CHAPTER IX.
“How fain are we to turn our backs on that which likes us not.”

It struck me at the time as a remarkable coincidence that after walking about fifty yards we should come across a droschki, into which we all stepped, being driven away without a word of explanation to the driver, unless a peculiar, thrice-repeated nod by Ivan be considered sufficient explanation.

It would be useless to pretend that our drive was in every respect a comfortable one. The droschki was, in the first place, so small that we had to sit on each other’s knees. And it was so shaky that we had to hold on to each other to avoid turning a somersault on to the roadway. But that was not the fault of the droschki. The ill-used vehicle was compelled to do duty as a sledge in winter. In summer the runners were unshiped and laid to rest for a few months, while the clumsy wheels were hauled out of their hiding-place and tied to the body of the droschki with ropes. When you take a carriage of this description, and drive it helter-skelter through streets paved with rough round cobble-stones, the result cannot be expected to be conducive to comfort.
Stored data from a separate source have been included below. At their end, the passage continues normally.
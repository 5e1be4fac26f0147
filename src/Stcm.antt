-- ===== src/Stcm.antt =====
-- src/format/stcm: the items of an STCM file.
pub mod Word
pub mod Param
pub mod Instruction
mod Tests
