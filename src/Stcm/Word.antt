-- ===== src/Stcm/Word.antt =====
-- The 32-bit words of an instruction's parameters, src/format/stcm/instruction.hpp: a tag in the two
-- high bits, a value in the others, and the ranges of special values.
pub mod Special
pub mod Tag
use neptools.Prelude.{
  ℕ, ◌+◌, ◌-◌, ◌*◌, ◌/◌, ◌%◌, ◌^◌, ◌≤◌, ◌<◌, ◌≡◌, refl, sym, ap, ◌∙◌, Bool, ◌&&◌, arith, leb,
}
use neptools.Prelude.Bits.{bit_and_low, bit_or_disjoint}
use Prim.Native.Nat.{bit_and, bit_or}
use mathlib.Core.Path.{ap₂}

abbrev pub IsU32 : ℕ → Type 0
IsU32 x = x < 2 ^ 32

-- `TypeTag`, `Value` and `Tag` of `Parameter`; `Tag` takes its value as a `uint32_t`.
unfoldable pub type_tag : ℕ → ℕ
type_tag x = x / 2 ^ 30

unfoldable pub value : ℕ → ℕ
value x = bit_and x 0x3fffffff

unfoldable pub tag : ℕ → ℕ → ℕ
tag t val = bit_or (t * 2 ^ 30 % 2 ^ 32) (val % 2 ^ 32)

abbrev pub is_read_stack : ℕ → Bool
is_read_stack x = leb Special.read_stack_min x && leb x Special.read_stack_max

abbrev pub is_read_4ac : ℕ → Bool
is_read_4ac x = leb Special.read_4ac_min x && leb x Special.read_4ac_max

pub value_lem : (x : ℕ) → value x ≡ x % 2 ^ 30
unfolding value
value_lem x = bit_and_low 30 x

pub tag_lem : (t val : ℕ) → t < 4 → val < 2 ^ 30 → tag t val ≡ t * 2 ^ 30 + val
unfolding tag
tag_lem t val ht hv = ap₂ bit_or (omega arith) (omega arith) ∙ bit_or_disjoint 30 t val hv

-- A word is put together again from its two parts.
pub tag-value : (x t : ℕ) → IsU32 x → type_tag x ≡ t → tag t (value x) ≡ x
unfolding type_tag
tag-value x t h e =
    tag_lem t (value x) (omega arith) (omega (arith, value_lem x)) ∙ omega (arith, value_lem x)
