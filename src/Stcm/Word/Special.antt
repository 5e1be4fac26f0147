-- ===== src/Stcm/Word/Special.antt =====
-- `Type0Special` and `Type48Special` of src/format/stcm/instruction.hpp.
use Prim.Native.Nat.{ℕ}

abbrev pub read_stack_min : ℕ
read_stack_min = 0xffffff00

abbrev pub read_stack_max : ℕ
read_stack_max = 0xffffff0f

abbrev pub read_4ac_min : ℕ
read_4ac_min = 0xffffff20

abbrev pub read_4ac_max : ℕ
read_4ac_max = 0xffffff27

abbrev pub instr_ptr0 : ℕ
instr_ptr0 = 0xffffff40

abbrev pub instr_ptr1 : ℕ
instr_ptr1 = 0xffffff41

abbrev pub coll_link : ℕ
coll_link = 0xffffff42

abbrev pub expansion : ℕ
expansion = 0xffffff43
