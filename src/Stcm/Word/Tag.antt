-- ===== src/Stcm/Word/Tag.antt =====
-- `Type0` and `Type48` of src/format/stcm/instruction.hpp: what a word's tag says.
use Prim.Native.Nat.{ℕ}

abbrev pub mem_offset : ℕ
mem_offset = 0

abbrev pub immediate : ℕ
immediate = 1

abbrev pub indirect : ℕ
indirect = 2

abbrev pub special : ℕ
special = 3
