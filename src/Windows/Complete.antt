-- ===== src/Windows/Complete.antt =====
-- The batches that `inspect` of inspect_native_windows.py accepts.
use causpan.Prelude.{
  ℕ, suc, ◌≡◌, ◌≤◌, ◌<◌, refl, sym, ◌∙◌, inl, inr, subst, ap, ℤ, int_eq, Option, none, some,
  none≢some, some_injective, List, [], ◌∷◌, ◌++◌, append_assoc, append-nil, Dict, get, has, put,
  get-put, IsDistinct, put-IsDistinct, true, false, ◌==◌, nat_eq, nat_beq_iff, length, all, member,
  IsUnique, All, All-append, Bool-cases, Option-cases, Result-cases, err≢ok, ok_injective, Result,
  ok, arith, if◌then◌else◌,
}
use mathlib.Core.Bool.{false≢true}
use causpan.Windows.{
  Error, Entry, Batch, Operation, Report, Inspecting, Line, distance, Setups, check_setup, follows,
  open_batch, extend_entry, add_entry, return_batch, open_completions, add_completion,
  operations_of, end_batch, in_batch, inspect_line, inspect_lines, no_batches, inspect,
}

abbrev pub ids : List Operation → List ℤ
ids [] = []
ids (o ∷ os) = o.user_data ∷ ids os

-- A report has as many operations as its window has places, which are some and at most 256, and no
-- user data twice.
pub record IsFull (r : Report) : Type 0 where
  pub as_many : length r.operations ≡ distance r.sq_head r.sq_tail
  pub some_place : 0 < distance r.sq_head r.sq_tail
  pub within_ring : distance r.sq_head r.sq_tail ≤ 256
  pub different : IsUnique (ids r.operations)

-- where the last batch of a ring ended
abbrev pub last_of : ℕ → List Report → Option ℕ
last_of fd [] = none
last_of fd (r ∷ rs) = elim (last_of fd rs) [
  | none ↦ if r.ring_fd == fd then some r.sq_tail else none
  | some tail ↦ some tail
]
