-- ===== src/Files/Tests.antt =====
-- A disk that takes every write.
use cs461_hw.Base.{ℕ, Option, some, List, [], ◌∷◌, ◌++◌, length}
use cs461_hw.Files.{filewrite}
use cs461_hw.Files.Chunks.{Outcome, filewrite-Outcome}

abbrev keep_all : ℕ → List ℕ → List ℕ → Option ℕ × List ℕ
keep_all off bytes s = (some (length bytes), s ++ bytes)

filewrite-Outcome_example :
    Outcome keep_all 10 [] (1 ∷ 2 ∷ []) (filewrite keep_all 10 (1 ∷ 2 ∷ []) [])
filewrite-Outcome_example = filewrite-Outcome keep_all 10 (1 ∷ 2 ∷ []) []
In my case, the miseries of that drive were intensified, as I was already feeling very sick, in consequence of having been rash enough to cap my first cigarette with a second one. But it was all in the interests of patriotism and freedom, and the memory of the sufferings of that day and night has been wiped out by the recollection of their satisfactory ending.

We had been driving, as nearly as I can remember, about half an hour, having branched off from the streets into the public park known as Peter the Great’s Gardens, when our driver drew his horse up close to the edge of some dark, stagnant water. We were beside the new Mole. The last remnant of daylight was now gone, so far as it does go altogether in these latitudes in summer. But we were quite able to see that in the huge basin before us lay hundreds of steamers of various nationalities, in one of which at least we hoped to find a haven of refuge.

Seeing us get out of the droschki, several uncouth-looking boatmen, dressed in bright-colored print shirts, immediately importuned us to employ them. After a little preliminary bargaining between them and the droschki-driver, the two least villainous-looking boatmen were employed to row our party to an English steamer named the Beacon.

A liberal douceur was given to the driver by Ivan. We stepped into the gaudily-painted boat, carrying our scanty store of luggage with us; the men bent to their oars, and we were soon skimming the surface of the Mole, while the sounds of the droschki’s wheels died away in the distance.

“Keep a sharp lookout,” muttered Ivan in English. “These fiendish boatmen would brain us all, and pitch us into the water, if they thought that, by catching us unawares, they could land a few roubles and a watch or two. That sort of thing often happens, but none of the villains are ever brought to book. They bolt off to their winter quarters as soon as they have done a stroke of that sort of business, and when they come back in the next boating season the whole affair has been forgotten by the officials.”

After this, I sat with my eyes glued on the boatmen, anxiously noting what a number of ships we had to pass before we reached the one we wanted, and wildly longing for the time when I could bid an eternal farewell to misery-haunted Russia. I supposed, the Beacon being in the inner Mole, the men would be rowing half an hour before they reached it. To me the time seemed an age ere we pulled up beside a black-looking steamer, and one of the men shouted “Ahoy!” to the watchman on deck. There was a speedy reply to the summons, three or four dark heads popping themselves over the side to have a look at us. There were no questions asked, and it almost seemed to me as if we had been expected, though one could not complain of the preparations for our reception being too elaborate. A rope-ladder hung from the ship’s side, and for a moment my heart sank within me, when I was told that this was the only means of boarding our ark of safety.

Trischl confessed to me afterward that she almost fainted at what seemed to her to be courting certain death. But we were both possessed by an even greater dread than that of falling back into the water, and nerved ourselves to appear as “manly” and unconcerned as possible, lest our terror should betray how totally unused to our present surroundings we were. As for madame, she seemed to be endowed with super-human courage and calmness.